Diese Werke werden gekauft:

Susan Hillers „Lost and Found“: In den Werken der international renommierten Künstlerin spielt die Sprache eine wichtige Rolle. Konkret geht es in dem Video um 23 verschiedene Stimmen von Personen, die Sprachen sprechen, die vom Aussterben bedroht, bereits ausgestorben sind oder wieder zum Leben erweckt wurden. Die Arbeit kann für den Schwerpunkt der d14 stehen, an den Rand gedrängten Kulturen eine Stimme zu geben.

Susan Hillers „Lost and Found“

Olaf Holzapfels Modell „Trassen” sowie vier digitale Vorstudien: Holzapfel beschäftigt sich mit Grenzräumen und der traditionellen Technik des Fachwerks. Bei „Trassen“ handelt es sich um eine in der Karlsaue gezeigte Außenskulptur sowie vier digitale Vorstudien. Die Arbeit integriert sich in das Sammlungskonzept der Städtischen Kunstsammlungen, in dem bereits Modelle verschiedener anderer documenta Außenskulpturen vorhanden sind.

Miriam Cahns „vater kind kind“: Die in der documenta-Halle ausgestellten Gemälde und Zeichnungen der Schweizerin stehen unter dem Titel „könnteichsein“ und zeigen Personen, die Gewalt ausüben oder auf die Gewalt ausgeübt wird. Das Thema der Flucht wird auf differenzierte Weise angesprochen. Mit dem Ankauf wird eine weibliche Position die Sammlung der Gegenwartsmalerei in der Neuen Galerie um eine wichtige Arbeit ergänzen.

Edi Hilas „Boulevard 3“

Edi Hilas „Boulevard 3“: Der Künstler setzt sich in seinen Werken mit der Geschichte und Gesellschaft seines Landes auseinander, unter anderem mit den Auswirkungen des Faschismus in Albanien oder dem Übergang von der kommunistischen Diktatur zur Demokratie. Das dargestellte Gebäude zeigt den ehemaligen Regierungssitz der italienischen Faschisten, der heute von der Universität Tirana genutzt wird.

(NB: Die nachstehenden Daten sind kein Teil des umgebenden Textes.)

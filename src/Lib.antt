-- ===== src/Lib.antt =====
-- The indexer of Allo grants: packages/ of the repository, in TypeScript.
--
-- The program reads the events of a chain from an indexer, in order, chooses for each the handler of its
-- contract or strategy, which returns changesets, and applies these to a database in one transaction
-- together with a record of the event as the last one processed. Prices come from a provider behind a
-- cache. Operations that fail with an error that can be retried are retried with growing delays.
--
-- Which file models which part:
--   Effects        async methods: an action takes the world to an outcome and the world it leaves; the
--                  classes of errors (packages/*/src/exceptions) are the constructors of `Error`
--   Queue          packages/data-flow/src/utils/queue.ts, the circular buffer of the fetched events
--   Retry          packages/shared/src/retry/retry.ts; Retry/Backoff: exponentialBackoff.strategy.ts
--   Pricing        packages/pricing/src/providers/cachingProxy.provider.ts: findClosestPrice; the methods
--                  are in Pricing/Provider, and the cache in memory of packages/repository/src/memory
--                  is in Pricing/Memory
--   Changesets     packages/repository/src/types/changeset.types.ts
--   Repositories   packages/repository/src/interfaces, the methods that write
--   DataLoader     packages/data-flow/src/data-loader: the handlers of changesets, applyChanges
--   Registries     packages/data-flow/src/registries: the last processed event, the strategies
--   Events         packages/shared/src/types/events: events and the guards of the contracts
--   Processors     packages/data-flow/src/eventsProcessor.ts and packages/processors/src/processors: the
--                  choice of the handler, where the handlers are parameters
--   Handlers       packages/processors/src: the handlers. Rows (packages/repository/src/types), Params
--                  (the parameters of events) and Services (types/processor.types.ts) are their data;
--                  Helpers (helpers, processors/strategy/helpers), StrategyReads (what each strategy
--                  reads of its contract), Allo (processors/allo/handlers, with poolCreated.handler.ts in
--                  Allo/PoolCreated), Registry (processors/registry/handlers), Attestations (the two
--                  contracts that are left) and Strategies (processors/strategy) are the code.
--                  Strategies/Dispatch has `handle` of each strategy, and all handlers together
--   Orchestrator   packages/data-flow/src/orchestrator.ts: handleEvent in Orchestrator/Handling, run in
--                  Orchestrator/Loop
--   Retroactive    packages/data-flow/src/retroactiveProcessor.ts: which strategies are found and
--                  what is done for one
--   IndexerClient  packages/indexer-client/src/providers/envioIndexerClient.ts and
--                  packages/data-flow/src/eventsFetcher.ts
--   Metadata       packages/metadata/src: both providers and the check of content ids
--   Prelude        numbers, arrays and maps of JavaScript, for all parts
--
-- A method is a function with its name in small letters (getTokenPrice is get_token_price). State that a
-- method changes is passed on: a class's fields as a record, and what is outside of it as a world of any
-- type, on which the parameters act: the database's transactions, the cache, the provider of prices, the
-- contract reads, the indexer's client, waiting and the abort signal.
--
-- Numbers are natural numbers, which the code's block numbers, times and sizes are; the doubles of the
-- backoff are exact fractions, and a price is passed on without a look at it. A difference that would be
-- negative, the start of a range of times, is 0, before which no time lies.
--
-- Loops over arrays are recursive on the array. The binary search has the number of prices as fuel. The
-- retry loop has fuel that a bound on the attempts of the strategy gives. The loop over a strategy's
-- events has a bound on its rounds: how often the pointer can move on is enough, where each fetch moves
-- it. The orchestrator's loop runs until a signal, so no bound on its rounds can be enough.
--
-- The handlers call libraries, which are parameters: viem for addresses, hashes and the encoding of data,
-- bignumber.js for amounts, zod for the schemas of metadata, and statuses-bitmap for rows of statuses. The
-- uint256 numbers of the parameters of events, which are decimal texts in the code, are numbers. `Number`
-- of such a text is exact up to 2^53, and the model has no number beyond; a Date is a number of
-- milliseconds, not a date, or the text of a time that the cast of a JSON value has in its place. The
-- repositories that the handlers read from act on the world and are parameters too. Handlers whose code is
-- repeated in several classes have one definition, with a name for each class.
--
-- What is not modelled: the repositories on the database, the provider of prices at Coingecko and the
-- provider of contract reads, which are input and output around libraries and services; the schemas; the
-- applications and scripts, which are configuration; the table of tokens, a parameter; the time of
-- creation in a row of cached timings; that getTokenPrices sorts the list of its caller in place; and
-- processRetroactiveStrategies, which runs the strategies that were found at the same time. Parallel
-- requests within a method are made one after the other, and logs are left out.
pub mod Changesets
pub mod DataLoader
pub mod Effects
pub mod Events
pub mod Handlers
pub mod IndexerClient
pub mod Metadata
pub mod Orchestrator
pub mod Prelude
pub mod Pricing
pub mod Processors
pub mod Queue
pub mod Registries
pub mod Repositories
pub mod Retroactive
pub mod Retry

Nevin Aladağs „Music Room Athens“

Nevin Aladağs „Music Room Athens“: Die Arbeit setzt sich mit der Frage der kulturellen Identität auseinander und kann repräsentativ für den Schwerpunkt der Performance der d 14 stehen. Möbelstücke wurden auf Flohmärkten und in Trödelläden in Athen erworben und zusammen mit Instrumentenmachern zu Musikinstrumenten umgebaut. Es sollen 7 der 15 Arbeiten, die im Musikzimmer in Athen ausgestellt waren, erworben werden.